● **About this task**: Line by line, transcribe all of the entries exactly.

● **Entries provided**:
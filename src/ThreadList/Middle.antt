-- ===== src/ThreadList/Middle.antt =====
-- Adding and removing next to a thread of a thread list.
use mathlib.Core.Path.{subst}
use mathlib.Core.List.{append_assoc}
use os161_project_c.Base.{ℕ, ◌≡◌, refl, ◌≢◌, List, [], ◌∷◌, ◌++◌, arith, ok}
use os161_project_c.Base.Members.{is_member-++}
use os161_project_c.ThreadList.{
  Nodes, ThreadList, count_up, count_down, threadlist_insertafter, threadlist_insertbefore,
  threadlist_remove,
}
use os161_project_c.ThreadList.Chains.{
  Linked, last_of, last_of-append, splice, unsplice, threadlist_insertafternode-splice,
  threadlist_insertbeforenode-splice, threadlist_removenode-unsplice,
}
use os161_project_c.ThreadList.Refine.{
  Holds, IsLoose, nodes, follower, splice-Holds, unsplice-Holds, link_at, links_around, loose-apart,
}

-- threadlist_insertbefore puts a thread in front of the given one.
pub threadlist_insertbefore-Holds :
    (s : Nodes) (tl : ThreadList) (l r : List ℕ) (onlist t : ℕ)
    → Holds s tl (l ++ (onlist ∷ r))
    → IsLoose s tl (l ++ (onlist ∷ r)) t
    → (s' : Nodes) × (threadlist_insertbefore tl t onlist s ≡ ok s')
      × Holds s' tl (l ++ (t ∷ onlist ∷ r))
unfolding threadlist_insertbefore
threadlist_insertbefore-Holds s tl l r onlist t h loose =
    let x = last_of tl.tl_head l in
    (
      count_up tl (splice x t onlist s),
      rw
          (threadlist_insertbeforenode-splice x t onlist s
            (link_at l (onlist ∷ r) t onlist (nodes tl r) refl h)
            (loose-apart l (onlist ∷ r) t loose))
          refl,
      splice-Holds l (onlist ∷ r) t onlist (nodes tl r) refl
          (ground (arith, is_member-++ tl.tl_tail r (tl.tl_tail ∷ []))) h loose,
    )

-- threadlist_insertafter puts a thread behind the given one.
pub threadlist_insertafter-Holds :
    (s : Nodes) (tl : ThreadList) (l r : List ℕ) (onlist t : ℕ)
    → Holds s tl (l ++ (onlist ∷ r))
    → IsLoose s tl (l ++ (onlist ∷ r)) t
    → (s' : Nodes) × (threadlist_insertafter tl onlist t s ≡ ok s')
      × Holds s' tl (l ++ (onlist ∷ t ∷ r))
unfolding threadlist_insertafter
threadlist_insertafter-Holds s tl l r onlist t h loose =
    let (y, r', behind, has_tail) = follower tl r in
    let link = subst (λ x. Linked s x y) at_onlist (link_at before r t y r' behind h') in
    let apart = subst (λ x. t ≢ x) at_onlist (loose-apart before r t loose') in
    (
      count_up tl (splice (last_of tl.tl_head before) t y s),
      rw (at_onlist, threadlist_insertafternode-splice onlist t y s link apart) refl,
      rw (← (append_assoc l (onlist ∷ []) (t ∷ r)))
          (splice-Holds before r t y r' behind has_tail h' loose'),
    )
  where
    before : List ℕ
    before = l ++ (onlist ∷ [])

    at_onlist : last_of tl.tl_head before ≡ onlist
    at_onlist = last_of-append tl.tl_head l onlist

    h' : Holds s tl (before ++ r)
    h' = rw (append_assoc l (onlist ∷ []) r) h

    loose' : IsLoose s tl (before ++ r) t
    loose' = rw (append_assoc l (onlist ∷ []) r) loose

-- threadlist_remove takes the given thread out and leaves the others in their order.
pub threadlist_remove-Holds :
    (s : Nodes) (tl : ThreadList) (l r : List ℕ) (t : ℕ)
    → Holds s tl (l ++ (t ∷ r))
    → (s' : Nodes) × (threadlist_remove tl t s ≡ ok s') × Holds s' tl (l ++ r)
unfolding threadlist_remove
threadlist_remove-Holds s tl l r t h =
    let (y, r', behind, has_tail) = follower tl r in
    let (before, after, apart) = links_around l r t y r' behind h in
    (
      count_down tl (unsplice (last_of tl.tl_head l) t y s),
      rw (threadlist_removenode-unsplice (last_of tl.tl_head l) t y s before after apart) refl,
      unsplice-Holds l r t y r' behind has_tail h,
    )
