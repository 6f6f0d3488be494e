-- ===== src/ThreadList/Tests.antt =====
-- A thread list between the bookends 1 and 2, with the threads 10 and 11.
use os161_project_c.Base.{◌≡◌, refl, none, some, [], ◌∷◌, arith, ok, update}
use os161_project_c.ThreadList.{
  Nodes, ThreadList, threadlist_remhead, threadlist_insertafter, threadlist_remove,
}
use os161_project_c.ThreadList.Refine.{Holds, IsLoose}
use os161_project_c.ThreadList.Ends.{threadlist_remhead-Holds}
use os161_project_c.ThreadList.Middle.{threadlist_insertafter-Holds, threadlist_remove-Holds}

abbrev run_queue : ThreadList
run_queue = record { tl_head = 1; tl_tail = 2 }

-- Threads 10 and 11 in a list, as the code leaves them.
abbrev two_threads : Nodes
two_threads = record {
  tln_prev = update (update (update (λ a. none) 10 (some 1)) 11 (some 10)) 2 (some 11);
  tln_next = update (update (update (λ a. none) 1 (some 10)) 10 (some 11)) 11 (some 2);
  tln_self = update (update (update (λ a. none) 10 (some 10)) 11 (some 11)) 12 (some 12);
  tl_count = λ a. 2;
}

two_threads-Holds : Holds two_threads run_queue (10 ∷ 11 ∷ [])
two_threads-Holds = record {
  path = ((refl, refl), ((refl, refl), ((refl, refl), tt)));
  distinct = (refl, (refl, (refl, (refl, tt))));
  first = refl;
  last = refl;
  selves = λ t m. ground arith;
  count = refl;
  fits = omega arith;
}

thread_12-IsLoose : IsLoose two_threads run_queue (10 ∷ 11 ∷ []) 12
thread_12-IsLoose = record { away = refl; self = refl; room = omega arith }

threadlist_remhead-Holds_example :
    (s' : Nodes) × (threadlist_remhead run_queue two_threads ≡ ok (some 10, s'))
    × Holds s' run_queue (11 ∷ [])
threadlist_remhead-Holds_example =
    threadlist_remhead-Holds two_threads run_queue (10 ∷ 11 ∷ []) two_threads-Holds

threadlist_insertafter-Holds_example :
    (s' : Nodes) × (threadlist_insertafter run_queue 10 12 two_threads ≡ ok s')
    × Holds s' run_queue (10 ∷ 12 ∷ 11 ∷ [])
threadlist_insertafter-Holds_example =
    threadlist_insertafter-Holds two_threads run_queue [] (11 ∷ []) 10 12 two_threads-Holds
      thread_12-IsLoose

threadlist_remove-Holds_example :
    (s' : Nodes) × (threadlist_remove run_queue 11 two_threads ≡ ok s')
    × Holds s' run_queue (10 ∷ [])
threadlist_remove-Holds_example =
    threadlist_remove-Holds two_threads run_queue (10 ∷ []) [] 11 two_threads-Holds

● **Exercise result**:
filename src/ThreadList/Middle.antt
-- ===== src/ThreadList/Middle.antt =====
-- Adding and removing next to a thread of a thread list.
use mathlib.Core.Path.{subst}
use mathlib.Core.List.{append_assoc}
use os161_project_c.Base.{ℕ, ◌≡◌, refl, ◌≢◌, List, [], ◌∷◌, ◌++◌, arith, ok}
use os161_project_c.Base.Members.{is_member-++}
use os161_project_c.ThreadList.{
  Nodes, ThreadList, count_up, count_down, threadlist_insertafter, threadlist_insertbefore,
  threadlist_remove,
}
use os161_project_c.ThreadList.Chains.{
  Linked, last_of, last_of-append, splice, unsplice, threadlist_insertafternode-splice,
  threadlist_insertbeforenode-splice, threadlist_removenode-unsplice,
}
use os161_project_c.ThreadList.Refine.{
  Holds, IsLoose, nodes, follower, splice-Holds, unsplice-Holds, link_at, links_around, loose-apart,
}

-- threadlist_insertbefore puts a thread in front of the given one.
pub threadlist_insertbefore-Holds :
    (s : Nodes) (tl : ThreadList) (l r : List ℕ) (onlist t : ℕ)
    → Holds s tl (l ++ (onlist ∷ r))
    → IsLoose s tl (l ++ (onlist ∷ r)) t
    → (s' : Nodes) × (threadlist_insertbefore tl t onlist s ≡ ok s')
      × Holds s' tl (l ++ (t ∷ onlist ∷ r))
unfolding threadlist_insertbefore
threadlist_insertbefore-Holds s tl l r onlist t h loose =
    let x = last_of tl.tl_head l in
    (
      count_up tl (splice x t onlist s),
      rw
          (threadlist_insertbeforenode-splice x t onlist s
            (link_at l (onlist ∷ r) t onlist (nodes tl r) refl h)
            (loose-apart l (onlist ∷ r) t loose))
          refl,
      splice-Holds l (onlist ∷ r) t onlist (nodes tl r) refl
          (ground (arith, is_member-++ tl.tl_tail r (tl.tl_tail ∷ []))) h loose,
    )

-- threadlist_insertafter puts a thread behind the given one.
pub threadlist_insertafter-Holds :
    (s : Nodes) (tl : ThreadList) (l r : List ℕ) (onlist t : ℕ)
    → Holds s tl (l ++ (onlist ∷ r))
    → IsLoose s tl (l ++ (onlist ∷ r)) t
    → (s' : Nodes) × (threadlist_insertafter tl onlist t s ≡ ok s')
      × Holds s' tl (l ++ (onlist ∷ t ∷ r))
unfolding threadlist_insertafter
threadlist_insertafter-Holds s tl l r onlist t h loose =
    let (y, r', behind, has_tail) = follower tl r in
    let link = subst (λ x. Linked s x y) at_onlist (link_at before r t y r' behind h') in
    let apart = subst (λ x. t ≢ x) at_onlist (loose-apart before r t loose') in
    (
      count_up tl (splice (last_of tl.tl_head before) t y s),
      rw (at_onlist, threadlist_insertafternode-splice onlist t y s link apart) refl,
      rw (← (append_assoc l (onlist ∷ []) (t ∷ r)))
          (splice-Holds before r t y r' behind has_tail h' loose'),
    )
  where
    before : List ℕ
    before = l ++ (onlist ∷ [])

    at_onlist : last_of tl.tl_head before ≡ onlist
    at_onlist = last_of-append tl.tl_head l onlist

    h' : Holds s tl (before ++ r)
    h' = rw (append_assoc l (onlist ∷ []) r) h

    loose' : IsLoose s tl (before ++ r) t
    loose' = rw (append_assoc l (onlist ∷ []) r) loose

-- threadlist_remove takes the given thread out and leaves the others in their order.
pub threadlist_remove-Holds :
    (s : Nodes) (tl : ThreadList) (l r : List ℕ) (t : ℕ)
    → Holds s tl (l ++ (t ∷ r))
    → (s' : Nodes) × (threadlist_remove tl t s ≡ ok s') × Holds s' tl (l ++ r)
unfolding threadlist_remove
threadlist_remove-Holds s tl l r t h =
    let (y, r', behind, has_tail) = follower tl r in
    let (before, after, apart) = links_around l r t y r' behind h in
    (
      count_down tl (unsplice (last_of tl.tl_head l) t y s),
      rw (threadlist_removenode-unsplice (last_of tl.tl_head l) t y s before after apart) refl,
      unsplice-Holds l r t y r' behind has_tail h,
    )
repository 6f6f0d3488be494e
-- ===== src/ThreadList/Tests.antt =====
-- A thread list between the bookends 1 and 2, with the threads 10 and 11.
use os161_project_c.Base.{◌≡◌, refl, none, some, [], ◌∷◌, arith, ok, update}
use os161_project_c.ThreadList.{
  Nodes, ThreadList, threadlist_remhead, threadlist_insertafter, threadlist_remove,
}
use os161_project_c.ThreadList.Refine.{Holds, IsLoose}
use os161_project_c.ThreadList.Ends.{threadlist_remhead-Holds}
use os161_project_c.ThreadList.Middle.{threadlist_insertafter-Holds, threadlist_remove-Holds}

abbrev run_queue : ThreadList
run_queue = record { tl_head = 1; tl_tail = 2 }

-- Threads 10 and 11 in a list, as the code leaves them.
abbrev two_threads : Nodes
two_threads = record {
  tln_prev = update (update (update (λ a. none) 10 (some 1)) 11 (some 10)) 2 (some 11);
  tln_next = update (update (update (λ a. none) 1 (some 10)) 10 (some 11)) 11 (some 2);
  tln_self = update (update (update (λ a. none) 10 (some 10)) 11 (some 11)) 12 (some 12);
  tl_count = λ a. 2;
}

two_threads-Holds : Holds two_threads run_queue (10 ∷ 11 ∷ [])
two_threads-Holds = record {
  path = ((refl, refl), ((refl, refl), ((refl, refl), tt)));
  distinct = (refl, (refl, (refl, (refl, tt))));
  first = refl;
  last = refl;
  selves = λ t m. ground arith;
  count = refl;
  fits = omega arith;
}

thread_12-IsLoose : IsLoose two_threads run_queue (10 ∷ 11 ∷ []) 12
thread_12-IsLoose = record { away = refl; self = refl; room = omega arith }

threadlist_remhead-Holds_example :
    (s' : Nodes) × (threadlist_remhead run_queue two_threads ≡ ok (some 10, s'))
    × Holds s' run_queue (11 ∷ [])
threadlist_remhead-Holds_example =
    threadlist_remhead-Holds two_threads run_queue (10 ∷ 11 ∷ []) two_threads-Holds

threadlist_insertafter-Holds_example :
    (s' : Nodes) × (threadlist_insertafter run_queue 10 12 two_threads ≡ ok s')
    × Holds s' run_queue (10 ∷ 12 ∷ 11 ∷ [])
threadlist_insertafter-Holds_example =
    threadlist_insertafter-Holds two_threads run_queue [] (11 ∷ []) 10 12 two_threads-Holds
      thread_12-IsLoose

threadlist_remove-Holds_example :
    (s' : Nodes) × (threadlist_remove run_queue 11 two_threads ≡ ok s')
    × Holds s' run_queue (10 ∷ [])
threadlist_remove-Holds_example =
    threadlist_remove-Holds two_threads run_queue (10 ∷ []) [] 11 two_threads-Holds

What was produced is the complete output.